■ TASK DESCRIPTION ■
List each line of the data that holds the word "verifies".
______________________________
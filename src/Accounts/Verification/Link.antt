-- ===== src/Accounts/Verification/Link.antt =====
-- The link in the mail (`verify_email_view` of Eve/accounts/views.py).
use mathlib.Core.Option
use mathlib.Core.Option.{some-injective}
use mathlib.Core.Path.{subst}
use django_app_eve.Prelude.{
  ℕ, ◌+◌, ◌≤◌, ◌<◌, ◌≡◌, refl, sym, ◌∙◌, ap, ◌⊎◌, inl, inr, Option, none, some, Option-cases, Bool,
  true, false, Bool-cases, List, [], ◌∷◌, find, find-append, find-update_where, find_sound,
  update_where, not, leb, ◌||◌, ◌==◌, ==_iff, ==_refl, if◌then◌else◌, if-both, arith,
}
use django_app_eve.Accounts.Profiles.{
  Profile, is_profile_of, new_profile, get_or_create, get_or_create_from,
}
use django_app_eve.Accounts.Verification.{
  Member, Members, MailSigner, uid, bad_signature, email_token_max_age, Page, verification,
  is_member, confirm, confirm_user, confirm_loaded, verify_email_view, Mail, mail_to,
  send_verification_email,
}

-- The documented behaviour of the signer, for the links.
pub record MailLaws (signer : MailSigner) : Type 0 where
  pub fresh :
      (now later user : ℕ)
      → now ≤ later
      → later ≤ now + email_token_max_age
      → signer.loads later email_token_max_age (signer.dumps now user) ≡ uid user
  pub stale :
      (now later user : ℕ)
      → now + email_token_max_age < later
      → signer.loads later email_token_max_age (signer.dumps now user) ≡ bad_signature

abbrev pub verified_in : Option Profile → Bool
verified_in none = false
verified_in (some p) = p.email_verified

-- Whether the address of a user counts as verified.
abbrev pub is_verified : ℕ → List Profile → Bool
is_verified v profiles = verified_in (find (is_profile_of v) profiles)

-- Making a profile verifies nobody.
pub get_or_create-is_verified :
    (v user : ℕ) (profiles : List Profile)
    → is_verified v (get_or_create user profiles).1 ≡ is_verified v profiles
unfolding get_or_create get_or_create_from find new_profile
get_or_create-is_verified v user profiles =
    elim (Option-cases (find (is_profile_of user) profiles)) [
      | inr (p, e) ↦ rw (e, get_or_create_from) refl
      | inl e ↦
          rw (e, get_or_create_from)
            (rw (find-append (is_profile_of v) profiles (new_profile user ∷ []))
              (blank (Option-cases (find (is_profile_of v) profiles))))
    ]
  where
    blank :
        (find (is_profile_of v) profiles ≡ none)
          ⊎ ((p : Profile) × (find (is_profile_of v) profiles ≡ some p))
        → verified_in (elim (find (is_profile_of v) profiles) [
          | none ↦ find (is_profile_of v) (new_profile user ∷ [])
          | some p ↦ some p
        ])
          ≡ is_verified v profiles
    blank (inr (p, e)) = rw e
    blank (inl e) = rw e (ground arith)

-- The profile that a lookup gave is found afterwards.
found_after :
    (user : ℕ) (profiles : List Profile)
    → find (is_profile_of user) (get_or_create user profiles).1
      ≡ some (get_or_create user profiles).0
unfolding get_or_create get_or_create_from find new_profile
found_after user profiles = elim (Option-cases (find (is_profile_of user) profiles)) [
  | inr (p, e) ↦ rw (e, get_or_create_from) e
  | inl e ↦
      rw (e, get_or_create_from)
        (rw (find-append (is_profile_of user) profiles (new_profile user ∷ []))
          (rw e (rw (==_refl user))))
]

module _ (signer : MailSigner) where
  -- The update verifies the user with the profile, and nobody else.
  confirm-is_verified :
      (v user : ℕ) (p : Profile) (profiles : List Profile)
      → find (is_profile_of user) profiles ≡ some p
      → is_verified v (update_where (is_profile_of user) (confirm signer) profiles)
        ≡ (v == user || is_verified v profiles)
  unfolding confirm
  confirm-is_verified v user p profiles found =
      ap verified_in (
        find-update_where (is_profile_of v) (is_profile_of user) (confirm signer) profiles
          (λ a e. refl))
      ∙ elim (Bool-cases (v == user)) [
        | inl e ↦ rw ((==_iff v user).0 e, found, ==_refl user) (own user p found)
        | inr e ↦ others e (Option-cases (find (is_profile_of v) profiles))
      ]
    where
      own :
          (u : ℕ) (q : Profile)
          → find (is_profile_of u) profiles ≡ some q
          → verified_in (some (if q.user == u then confirm signer q else q)) ≡ true
      own u q at = rw (find_sound (is_profile_of u) profiles {a = q} at)

      others :
          (v == user) ≡ false
          → (find (is_profile_of v) profiles ≡ none)
            ⊎ ((q : Profile) × (find (is_profile_of v) profiles ≡ some q))
          → verified_in (
              Option.map
                (λ (a : Profile). if a.user == user then confirm signer a else a)
                (find (is_profile_of v) profiles))
            ≡ (v == user || is_verified v profiles)
      others e (inl none_there) = rw (none_there, e)
      others e (inr (q, at)) =
          let mine : q.user ≡ v =
            (==_iff q.user v).0 (find_sound (is_profile_of v) profiles {a = q} at) in
          rw at (rw (mine, e))

  -- What following a link to a user does.
  pub record Confirmed (user : ℕ) (s : Members) (seen : Page × Members) : Type 0 where
    pub page : seen.0 ≡ verification true
    pub verified : (v : ℕ) → is_verified v seen.1.profiles ≡ (v == user || is_verified v s.profiles)
    pub users : seen.1.users ≡ s.users

  already :
      (v user : ℕ) (profiles : List Profile)
      → is_verified user profiles ≡ true
      → is_verified v profiles ≡ (v == user || is_verified v profiles)
  already v user profiles h = elim (Bool-cases (v == user)) [
    | inl e ↦ rw ((==_iff v user).0 e, h, ==_refl user) refl
    | inr e ↦ rw e
  ]

  confirm_user-Confirmed :
      (u : Member) (s : Members) → Confirmed u.pk s (confirm_user signer (some u) s)
  unfolding confirm_user
  confirm_user-Confirmed u s =
      let made = (get_or_create u.pk s.profiles).1 in
      if-both (Confirmed u.pk s) (not (get_or_create u.pk s.profiles).0.email_verified) _ _
        (λ e. record {
          page = refl;
          verified = λ v.
              confirm-is_verified v u.pk _ made (found_after u.pk s.profiles)
              ∙ ap (λ b. v == u.pk || b) (get_or_create-is_verified v u.pk s.profiles);
          users = refl;
        })
        (λ e. record {
          page = refl;
          verified = λ v.
              already v u.pk made (rw (found_after u.pk s.profiles) (ground (arith, e)))
              ∙ ap (λ b. v == u.pk || b) (get_or_create-is_verified v u.pk s.profiles);
          users = refl;
        })

  -- A token that names a user.
  pub followed :
      (user : ℕ) (u : Member) (s : Members)
      → find (is_member user) s.users ≡ some u
      → let seen = confirm_loaded signer (uid user) s in
        Confirmed user s seen × ((confirm_loaded signer (uid user) seen.1).0 ≡ verification true)
  unfolding confirm_loaded
  followed user u s e =
      let own : u.pk ≡ user =
        (==_iff u.pk user).0 (find_sound (is_member user) s.users {a = u} e) in
      let c = confirm_user-Confirmed u s in
      let seen = confirm_user signer (some u) s in
      rw e (
        subst (λ n. Confirmed n s seen) own c,
        rw c.users (rw e (confirm_user-Confirmed u seen.1).page),
      )

  -- What a link is worth: in time, and too late.
  abbrev pub LinkWorks : ℕ → ℕ → signer.Token → Members → Bool → Type 0
  LinkWorks later user token s true =
      let seen = verify_email_view signer later token s in
      (seen.0 ≡ verification true)
      × ((v : ℕ) → is_verified v seen.1.profiles ≡ (v == user || is_verified v s.profiles))
      × ((verify_email_view signer later token seen.1).0 ≡ verification true)
  LinkWorks later user token s false =
      verify_email_view signer later token s ≡ (verification false, s)

-- The link of a mail from `send_verification_email`: followed within three days it verifies the
-- address of the user to whom the mail went, and of nobody else, and may be followed again; later
-- the answer is 400 and nothing changes.
pub verify_email_view-LinkWorks :
    (signer : MailSigner) (laws : MailLaws signer) (now later user : ℕ) (s : Members)
    (mail : Mail signer.Token)
    → send_verification_email signer now user s ≡ some mail
    → now ≤ later
    → LinkWorks signer later user mail.token s (leb later (now + email_token_max_age))
unfolding verify_email_view send_verification_email mail_to confirm_loaded
verify_email_view-LinkWorks signer laws now later user s mail sent order =
    elim (Option-cases (find (is_member user) s.users)) [
      | inl e ↦ cc (rw (e, mail_to) at sent)
      | inr (u, e) ↦
          let own : u.pk ≡ user =
            (==_iff u.pk user).0 (find_sound (is_member user) s.users {a = u} e) in
          let token : mail.token ≡ signer.dumps now user =
            ap (λ (m : Mail signer.Token). m.token)
              (sym (some-injective _ mail (rw (e, mail_to) at sent)))
            ∙ ap (signer.dumps now) own in
          elim (Bool-cases (leb later (now + email_token_max_age))) [
            | inl young ↦
                let (c, again) = followed signer user u s e in
                rw (young, token, laws.fresh now later user order (ground arith))
                  (c.page, c.verified, again)
            | inr old ↦ rw (old, token, laws.stale now later user (ground arith)) refl
          ]
    ]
______________________________
■ ANSWER SPACE ■
-- Making a profile verifies nobody.
  -- The update verifies the user with the profile, and nobody else.
-- The link of a mail from `send_verification_email`: followed within three days it verifies the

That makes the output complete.